Ng revealed in a stand-up comedy, saying that when he was a child he told his mother that his dream was to get a job that does not need any academic qualification, without a fixed working hours and high pay. Then, his mother asked him to become a beggar. So, he went to Wong Tai Sin, a famous temple in Hong Kong, to observe those beggars there. He realised that becoming beggar is too busy and need to perform manual labour, which does not suit his free and unconstrained attitude. Consequently, he gave up and decided to become a movie star because being a movie star fulfilled all the condition he requested.

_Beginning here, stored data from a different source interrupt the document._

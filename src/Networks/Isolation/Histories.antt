-- ===== src/Networks/Isolation/Histories.antt =====
-- Histories of the API on private networks (api/src/handlers/private_networks.rs): any users call any
-- endpoints in any order, and the task of a peering runs at any later time.
use dbsaa_s.Prelude.{ℕ, String}
use dbsaa_s.Models.{AuthUser, NetworkPeering}
use dbsaa_s.Platform.{State, Services}
use dbsaa_s.Networks.Handlers.{create_network, delete_network, attach_database, detach_database}
use dbsaa_s.Networks.Peering.{create_peering, provision_peering, delete_peering}
use dbsaa_s.Networks.Rules.{CreateFirewallRuleRequest, create_firewall_rule, delete_firewall_rule}
use dbsaa_s.Networks.Isolation.{IsIsolated}
use dbsaa_s.Networks.Isolation.Handlers.{
  create_network-IsIsolated, delete_network-IsIsolated, detach_database-IsIsolated,
}
use dbsaa_s.Networks.Isolation.Attach.{attach_database-IsIsolated}
use dbsaa_s.Networks.Isolation.Peerings.{
  create_peering-IsIsolated, provision_peering-IsIsolated, delete_own_peering-IsIsolated,
  create_firewall_rule-IsIsolated, delete_firewall_rule-IsIsolated,
}

-- One request, or one run of the task that `create_peering` spawns; each runs to its end, with an
-- error or without.
pub data NetStep {W : Type 0} (svc : Services W) : State W → State W → Type 0 where
  network_created :
      (user : AuthUser) (name : String) (s : State W)
      → NetStep svc s (create_network svc user name s).1
  network_deleted :
      (user : AuthUser) (id : ℕ) (s : State W) → NetStep svc s (delete_network svc user id s).1
  database_attached :
      (user : AuthUser) (network_id database_id : ℕ) (s : State W)
      → NetStep svc s (attach_database svc user network_id database_id s).1
  database_detached :
      (user : AuthUser) (network_id database_id : ℕ) (s : State W)
      → NetStep svc s (detach_database svc user network_id database_id s).1
  peering_created :
      (user : AuthUser) (a b : ℕ) (s : State W) → NetStep svc s (create_peering svc user a b s).1
  peering_provisioned :
      (p : NetworkPeering) (s : State W) → NetStep svc s (provision_peering svc p s).1
  peering_deleted :
      (user : AuthUser) (id : ℕ) (s : State W) → NetStep svc s (delete_peering svc user id s).1
  rule_created :
      (user : AuthUser) (id : ℕ) (req : CreateFirewallRuleRequest) (s : State W)
      → NetStep svc s (create_firewall_rule svc user id req s).1
  rule_deleted :
      (user : AuthUser) (id rule_id : ℕ) (s : State W)
      → NetStep svc s (delete_firewall_rule svc user id rule_id s).1

pub data Reach {W : Type 0} (svc : Services W) : State W → State W → Type 0 where
  done : {s : State W} → Reach svc s s
  next : {s t u : State W} → Reach svc s t → NetStep svc t u → Reach svc s u

module _ {W : Type 0} (svc : Services W) where
  step-IsIsolated : {s t : State W} → NetStep svc s t → IsIsolated s → IsIsolated t
  step-IsIsolated (NetStep.network_created user name s) i =
      (create_network-IsIsolated svc user name s i).at
  step-IsIsolated (NetStep.network_deleted user id s) i =
      (delete_network-IsIsolated svc user id s i).at
  step-IsIsolated (NetStep.database_attached user n d s) i =
      (attach_database-IsIsolated svc user n d s i).at
  step-IsIsolated (NetStep.database_detached user n d s) i =
      (detach_database-IsIsolated svc user n d s i).at
  step-IsIsolated (NetStep.peering_created user a b s) i =
      (create_peering-IsIsolated svc user a b s i).at
  step-IsIsolated (NetStep.peering_provisioned p s) i = (provision_peering-IsIsolated svc p s i).at
  step-IsIsolated (NetStep.peering_deleted user id s) i =
      (delete_own_peering-IsIsolated svc user id s i).at
  step-IsIsolated (NetStep.rule_created user id req s) i =
      (create_firewall_rule-IsIsolated svc user id req s i).at
  step-IsIsolated (NetStep.rule_deleted user id rule_id s) i =
      (delete_firewall_rule-IsIsolated svc user id rule_id s i).at

  -- Whatever the users do and whatever Docker answers, from a state in which every member joins a
  -- database to a network of the same user, every peering joins two networks of its own user, and
  -- every firewall rule is about the two networks of its peering, only such states are reached.
  pub Reach-IsIsolated : {s t : State W} → IsIsolated s → Reach svc s t → IsIsolated t
  Reach-IsIsolated i Reach.done = i
  Reach-IsIsolated i (Reach.next r step) = step-IsIsolated step (Reach-IsIsolated i r)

During that time, the only way to become a movie star was to get into TVB Training Classes, so Ng signed up. After failing thrice entering the training classes, he eventually gave up. He went for a short period Pabbajja for seven days, shaved his head bald. After the event, he decided to try applying for the training classes again and this time he succeeded. He said in an interview that he succeeded because the interviewer thought that he Knew Shaolin Kung Fu due to his bald head.

Television career
He graduated from TVB's training classes in 1982 along with Stephen Chow and Tony Leung. He acted in minor roles for the first few years in his television career. Until 1985, he started to involve in a great deal of TV Series, he was very outstanding in playing villainous roles in TV series such as The Price of Growing Up and The Final Combat. Later on, he played as a protagonist in situation comedies such as Everybody Loves Somebody and The Family Squad, which make him gradually disengage from being the stereotypical villain.

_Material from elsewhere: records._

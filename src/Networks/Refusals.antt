-- ===== src/Networks/Refusals.antt =====
-- What the endpoints of api/src/handlers/private_networks.rs refuse.
use dbsaa_s.Prelude.{ℕ, ◌≡◌, refl, ◌≢◌, some, find, ==-ne}
use dbsaa_s.Models.{AuthUser, PrivateNetwork, NetworkPeering}
use dbsaa_s.Errors.{AppError, err}
use dbsaa_s.Platform.{State, Services, run}
use dbsaa_s.Platform.Returns.{after_err}
use dbsaa_s.Repository.Networks.{has_id}
use dbsaa_s.Repository.Networks
use dbsaa_s.Repository.Peerings
use dbsaa_s.Repository.Peerings.{is_peering}
use dbsaa_s.Networks.Handlers.{
  own_network, get_network, delete_network, attach_database, detach_database,
}
use dbsaa_s.Networks.Peering.{own_peering, get_peering, delete_peering}
use dbsaa_s.Networks.Rules.{CreateFirewallRuleRequest, create_firewall_rule, delete_firewall_rule}

module _ {W : Type 0} (svc : Services W) (user : AuthUser) (id : ℕ) (s : State W) where
  own_network-forbidden :
      {n : PrivateNetwork}
      → find (has_id id) s.networks ≡ some n
      → n.user_id ≢ user.id
      → own_network svc user id s ≡ (err AppError.forbidden, s)
  unfolding own_network Networks.find_by_id run
  own_network-forbidden {n} found other = rw (found, ==-ne n.user_id user.id other) refl

  own_peering-forbidden :
      {p : NetworkPeering}
      → find (is_peering id) s.peerings ≡ some p
      → p.user_id ≢ user.id
      → own_peering user id s ≡ (err AppError.forbidden, s)
  unfolding own_peering Peerings.find_peering_by_id run
  own_peering-forbidden {p} found other = rw (found, ==-ne p.user_id user.id other) refl

module _ {W : Type 0} (svc : Services W) (user : AuthUser) (id : ℕ) (s : State W) where
  -- A user who is not the owner of a network gets 403 from each endpoint on that network, and nothing
  -- has changed: no table, no port, nothing in Docker.
  pub network-forbidden :
      {n : PrivateNetwork}
      → find (has_id id) s.networks ≡ some n
      → n.user_id ≢ user.id
      → (get_network svc user id s ≡ (err AppError.forbidden, s))
        × (delete_network svc user id s ≡ (err AppError.forbidden, s))
        × ((database_id : ℕ)
            → attach_database svc user id database_id s ≡ (err AppError.forbidden, s))
        × ((database_id : ℕ)
            → detach_database svc user id database_id s ≡ (err AppError.forbidden, s))
  unfolding get_network delete_network attach_database detach_database
  network-forbidden found other =
      let h : own_network svc user id s ≡ (err AppError.forbidden, s) =
        own_network-forbidden svc user id s found other in
      (after_err _ _ s _ h, after_err _ _ s _ h, λ d. after_err _ _ s _ h, λ d. after_err _ _ s _ h)

  -- A user who is not the owner of a peering gets 403 from each endpoint on it and on its firewall
  -- rules, and nothing has changed.
  pub peering-forbidden :
      {p : NetworkPeering}
      → find (is_peering id) s.peerings ≡ some p
      → p.user_id ≢ user.id
      → (get_peering user id s ≡ (err AppError.forbidden, s))
        × (delete_peering svc user id s ≡ (err AppError.forbidden, s))
        × ((req : CreateFirewallRuleRequest)
            → create_firewall_rule svc user id req s ≡ (err AppError.forbidden, s))
        × ((rule_id : ℕ) → delete_firewall_rule svc user id rule_id s ≡ (err AppError.forbidden, s))
  unfolding get_peering delete_peering create_firewall_rule delete_firewall_rule
  peering-forbidden found other =
      let h : own_peering user id s ≡ (err AppError.forbidden, s) =
        own_peering-forbidden svc user id s found other in
      (after_err _ _ s _ h, after_err _ _ s _ h, λ d. after_err _ _ s _ h, λ d. after_err _ _ s _ h)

His contract with TVB ended in 1993 and he broke into the movie industry. In 1997, he returned to TVB to star a nostalgic comedy series Old Time Buddy with Gallen Lo, Maggie Cheung and Jessica Hsuen, which was one of the highest rating TV series that year. Later in 2003, he was invited back to TVB again to film Triumph in the Skies casting an airline pilot. He was the leading man role of the series, that series was cited as one of the best serial drama in TVB. He also involved in the sequel of the series Triumph in the Skies II which was aired on 15 July 2013.

Film career
Ng entered the movie industry in 1986, and debuted in Midnight Girls. As a newcomer, he was only given minor roles. After becoming a freeman in 1993, he had the chance to be involved in bigger production film such as  Flirting Scholar with Stephen Chow and Kung Fu Cult Master with Jet Li.

Ng's turning point in his filming career came in Young and Dangerous (1995), as villain Ugly Kwan, which was so popular that it spun an unofficial spin-off in Once Upon a Time in Triad Society (1996).  His output has steadily increased since then. During 1999, he has won the Golden Horse Awards Best Actor for The Mission and the Hong Kong Film Critics Society Best Actor for Bullets Over Summer. In 2002, he also won the Hong Kong Film Awards and Golden Bauhinia Awards Best Supporting Actor for 2000 AD.

Although Hong Kong cinema encountered a downturn in the late 1990s, however Ng still put on at least 10 films per year. Ng also ventured into the arena of directing. He has directed a few movies including 9413 (1998), What is a Good Teacher (2002), Dancing Lion (2003) and Tracing Shadow (2009).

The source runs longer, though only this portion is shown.